DATA SHOWN:
"""
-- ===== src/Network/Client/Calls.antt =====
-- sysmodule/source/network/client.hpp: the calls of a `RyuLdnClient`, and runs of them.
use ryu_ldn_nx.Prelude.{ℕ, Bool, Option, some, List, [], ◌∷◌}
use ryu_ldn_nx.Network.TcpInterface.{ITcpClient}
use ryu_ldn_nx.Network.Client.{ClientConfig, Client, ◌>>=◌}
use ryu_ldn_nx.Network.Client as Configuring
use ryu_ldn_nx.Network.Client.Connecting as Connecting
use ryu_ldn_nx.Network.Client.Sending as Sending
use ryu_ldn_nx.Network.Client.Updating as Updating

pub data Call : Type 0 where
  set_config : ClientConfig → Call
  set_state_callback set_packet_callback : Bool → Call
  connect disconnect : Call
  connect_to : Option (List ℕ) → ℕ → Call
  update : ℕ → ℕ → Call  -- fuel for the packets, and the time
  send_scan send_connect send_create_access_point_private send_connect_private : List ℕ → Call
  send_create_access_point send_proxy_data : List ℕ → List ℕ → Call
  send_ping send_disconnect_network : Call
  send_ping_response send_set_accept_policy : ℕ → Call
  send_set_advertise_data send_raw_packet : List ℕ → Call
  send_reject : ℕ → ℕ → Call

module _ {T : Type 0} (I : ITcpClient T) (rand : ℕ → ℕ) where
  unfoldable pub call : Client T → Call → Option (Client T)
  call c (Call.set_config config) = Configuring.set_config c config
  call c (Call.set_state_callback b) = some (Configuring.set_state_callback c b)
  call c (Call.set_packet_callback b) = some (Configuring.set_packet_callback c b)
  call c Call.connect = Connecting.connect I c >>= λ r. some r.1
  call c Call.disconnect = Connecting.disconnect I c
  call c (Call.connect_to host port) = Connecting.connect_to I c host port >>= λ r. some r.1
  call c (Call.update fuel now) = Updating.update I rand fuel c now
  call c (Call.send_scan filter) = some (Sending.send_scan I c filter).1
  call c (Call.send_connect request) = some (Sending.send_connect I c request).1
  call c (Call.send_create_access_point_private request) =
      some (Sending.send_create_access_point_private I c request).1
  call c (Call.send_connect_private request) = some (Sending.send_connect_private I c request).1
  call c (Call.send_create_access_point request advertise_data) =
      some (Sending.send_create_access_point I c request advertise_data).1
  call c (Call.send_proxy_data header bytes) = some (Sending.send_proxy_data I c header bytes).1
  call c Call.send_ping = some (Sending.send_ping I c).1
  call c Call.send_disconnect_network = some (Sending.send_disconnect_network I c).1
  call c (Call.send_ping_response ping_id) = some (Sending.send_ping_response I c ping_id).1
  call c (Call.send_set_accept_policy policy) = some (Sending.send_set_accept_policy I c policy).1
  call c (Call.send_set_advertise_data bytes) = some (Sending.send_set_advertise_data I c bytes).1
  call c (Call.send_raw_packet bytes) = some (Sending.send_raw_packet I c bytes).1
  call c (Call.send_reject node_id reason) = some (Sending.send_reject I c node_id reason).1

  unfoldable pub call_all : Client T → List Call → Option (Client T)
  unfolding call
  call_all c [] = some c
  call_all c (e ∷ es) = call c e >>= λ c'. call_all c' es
"""
WHAT YOU WILL DO: Precisely the lines between those holding "unfoldable pub call : Client" and "call c (Call.send_reject", inclusive, are to be reproduced from the listing above, with nothing added.

SOLUTION TO THIS TASK:
  unfoldable pub call : Client T → Call → Option (Client T)
  call c (Call.set_config config) = Configuring.set_config c config
  call c (Call.set_state_callback b) = some (Configuring.set_state_callback c b)
  call c (Call.set_packet_callback b) = some (Configuring.set_packet_callback c b)
  call c Call.connect = Connecting.connect I c >>= λ r. some r.1
  call c Call.disconnect = Connecting.disconnect I c
  call c (Call.connect_to host port) = Connecting.connect_to I c host port >>= λ r. some r.1
  call c (Call.update fuel now) = Updating.update I rand fuel c now
  call c (Call.send_scan filter) = some (Sending.send_scan I c filter).1
  call c (Call.send_connect request) = some (Sending.send_connect I c request).1
  call c (Call.send_create_access_point_private request) =
      some (Sending.send_create_access_point_private I c request).1
  call c (Call.send_connect_private request) = some (Sending.send_connect_private I c request).1
  call c (Call.send_create_access_point request advertise_data) =
      some (Sending.send_create_access_point I c request advertise_data).1
  call c (Call.send_proxy_data header bytes) = some (Sending.send_proxy_data I c header bytes).1
  call c Call.send_ping = some (Sending.send_ping I c).1
  call c Call.send_disconnect_network = some (Sending.send_disconnect_network I c).1
  call c (Call.send_ping_response ping_id) = some (Sending.send_ping_response I c ping_id).1
  call c (Call.send_set_accept_policy policy) = some (Sending.send_set_accept_policy I c policy).1
  call c (Call.send_set_advertise_data bytes) = some (Sending.send_set_advertise_data I c bytes).1
  call c (Call.send_raw_packet bytes) = some (Sending.send_raw_packet I c bytes).1
  call c (Call.send_reject node_id reason) = some (Sending.send_reject I c node_id reason).1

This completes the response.